Mr Gauke goes on to say that the government has taken significant strides to make the UK’s tax system one of the most modern and competitive in the world and, to maintain the integrity of this system, “it must apply fairly and consistently to everyone”.  Leaving aside the fact that many people (not including me, I hasten to say) believe that his “most modern and competitive” system is in fact scandalous as it exempts large US corporations operating in this country from paying tax here, shouldn’t “fairly and consistently” mean that it operates in the same manner for rich and poor?  That both can expect to be able to plan their affairs on the basis that the tax law means what it says – or at least what the courts interpret it to mean.  But that is not actually what Mr Gauke wants.  He wants the law to apply unequally.  He wants some people to say to themselves, “Although this is what the law says, I think that parliament didn’t get it right as it creates a tax deduction for me and accordingly I should ignore it and make a guess at what parliament would have legislated if it had had my transaction in front of it”, whereas he wants others to follow the law as written.  What that has to do with consistency is anyone’s guess.

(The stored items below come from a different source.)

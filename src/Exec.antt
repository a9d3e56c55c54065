-- ===== src/Exec.antt =====
-- Code that changes a state and may raise: what was written before a raise stays written.
pub mod Along
use dolphin_re_mcp.Prelude.{◌≡◌, refl, Bool, true, if◌then◌else◌}
use dolphin_re_mcp.Errors.{Error, Result, ok, err}

abbrev pub Exec {ℓ} : Type ℓ → Type ℓ → Type ℓ
Exec S A = S → Result A × S

module _ {ℓ} {S A : Type ℓ} where
  abbrev pub pure : A → Exec S A
  pure a s = (ok a, s)

  abbrev pub raise : Error → Exec S A
  raise e s = (err e, s)

  abbrev pub lift : Result A → Exec S A
  lift r s = (r, s)

  abbrev pub gets : (S → A) → Exec S A
  gets f s = (ok (f s), s)

  -- `try: m except e if test e: handler`
  abbrev pub catching : (Error → Bool) → Result A × S → Exec S A → Result A × S
  catching test (ok a, s) handler = (ok a, s)
  catching test (err e, s) handler = if test e then handler s else (err e, s)

  abbrev pub catch : Exec S A → (Error → Bool) → Exec S A → Exec S A
  catch m test handler s = catching test (m s) handler

-- Python's statements return nothing.
abbrev pub modify {ℓ} : {S : Type ℓ} → (S → S) → S → Result (Unit {ℓ}) × S
modify f s = (ok tt, f s)

module _ {ℓ} {S A B : Type ℓ} where
  abbrev pub continue : Result A → (A → Exec S B) → Exec S B
  continue (ok a) f s = f a s
  continue (err e) f s = (err e, s)

  infixl 10 ◌>>=◌ ◌>>◌
  abbrev pub ◌>>=◌ : Exec S A → (A → Exec S B) → Exec S B
  ◌>>=◌ m f s = let r = m s in continue r.0 f r.1

  abbrev pub ◌>>◌ : Exec S A → Exec S B → Exec S B
  m >> n = m >>= λ _. n

module _ {ℓ} {S A B : Type ℓ} where
  -- The step from one statement to the next.
  pub bind-ok :
      (m : Exec S A) (f : A → Exec S B) (s : S) {a : A} {t : S}
      → m s ≡ (ok a, t)
      → (m >>= f) s ≡ f a t
  bind-ok m f s h = rw h

  pub bind-err :
      (m : Exec S A) (f : A → Exec S B) (s : S) {e : Error} {t : S}
      → m s ≡ (err e, t)
      → (m >>= f) s ≡ (err e, t)
  bind-err m f s h = rw h

-- `try: m finally: cleanup`. An exception of the cleanup replaces that of `m`.
module _ {ℓ} {S A B : Type ℓ} where
  abbrev pub after_cleanup : Result A → Result B × S → Result A × S
  after_cleanup r (ok _, s) = (r, s)
  after_cleanup r (err e, s) = (err e, s)

  abbrev pub finally : Exec S A → Exec S B → Exec S A
  finally m cleanup s = let r = m s in after_cleanup r.0 (cleanup r.1)

-- A run that does not raise.
abbrev pub Returns {ℓ} : {S A : Type ℓ} → Result A × S → Type ℓ
Returns {S = S} {A = A} r = (a : A) × (s : S) × (r ≡ (ok a, s))

module _ {ℓ} {S A : Type ℓ} (m : Exec S A) (test : Error → Bool) (a : A) (s : S) where
  catch-Returns_at :
      (r : Result A × S)
      → m s ≡ r
      → ((e : Error) → r.0 ≡ err e → test e ≡ true)
      → Returns (catch m test (pure a) s)
  catch-Returns_at (ok b, t) e h = (b, t, rw e)
  catch-Returns_at (err x, t) e h = (a, t, rw e (rw (h x refl)))

  -- A handler that catches all that may be raised.
  pub catch-Returns :
      ((e : Error) → (m s).0 ≡ err e → test e ≡ true) → Returns (catch m test (pure a) s)
  catch-Returns = catch-Returns_at (m s) refl

module _ {ℓ} {S A : Type ℓ} (m : Exec S A) (f : S → S) (s : S) where
  pub finally-Returns : Returns (m s) → Returns (finally m (modify f) s)
  finally-Returns (a, t, e) = (a, f t, rw e)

He goes on to explain that the consultation is about “a new measure to require taxpayers to pay the tax they owe if they have used the same avoidance scheme (or a similar scheme) as one which a Court or Tribunal has already ruled against”.  There are two worrying assumptions there.

Firstly courts do not rule for or against tax schemes.  They consider the appeal made by a taxpayer and determine whether that particular taxpayer has displaced the assumptions made by HMRC when they make an assessment, amend a self-assessment or refuse a claim.  There are lots of reasons why a court might rule against a taxpayer.  It might decide that his interpretation of legislation is incorrect.  It might decide that transactions the taxpayer has entered into do not have the effect the taxpayer believed them to have.  It might decide that a transaction is a sham.  It might decide that the facts do not reflect what the taxpayer purported to have happened.  It might decide that construction placed on a document is incompatible with a non-tax area of the law.  Accordingly the fact that A uses the same avoidance scheme as B, does not mean that a court will reach the same decision if asked to consider A’s tax position.  Even if everything else is identical, a court is largely influenced by the arguments put before it – if it were otherwise it is hard to see why a professional Bar should have developed – and the arguments that A wishes to put before the court may differ from those B used, or if presented in a different manner might be perceived differently by the court.

If A has simply used a “similar scheme” to B I find it impossible to draw any conclusions as to what is likely to happen with A’s tax position from B’s failure to convince the courts in relation to a different transaction.  Where, as in this case, it is HMRC, not the courts, that decide whether or not the schemes (or, perhaps more accurately, serious of transactions that HMRC have labelled as a scheme) are similar, the fundamental concept that a person is entitled to be taxed in accordance with the law, not at the whim of a government official, seems seriously at risk.

My second problem is that even if the courts have found that B’s scheme is ineffective, I cannot see how A “owes” tax, when his own case has yet to he heard by the courts.  Until that has happened, he surely owes nothing.  Indeed, he owes nothing even if the law requires him to pay the tax that HMRC perceives to be due as a condition of appealing at all (as applies to VAT) or as a condition of continuing to pursue his appeal (as applies to an appeal from the FTT).

If Ministers who have come through the English education system are incapable of using the English language in the manner that is generally accepted, no wonder that so many people question the effectiveness of that system.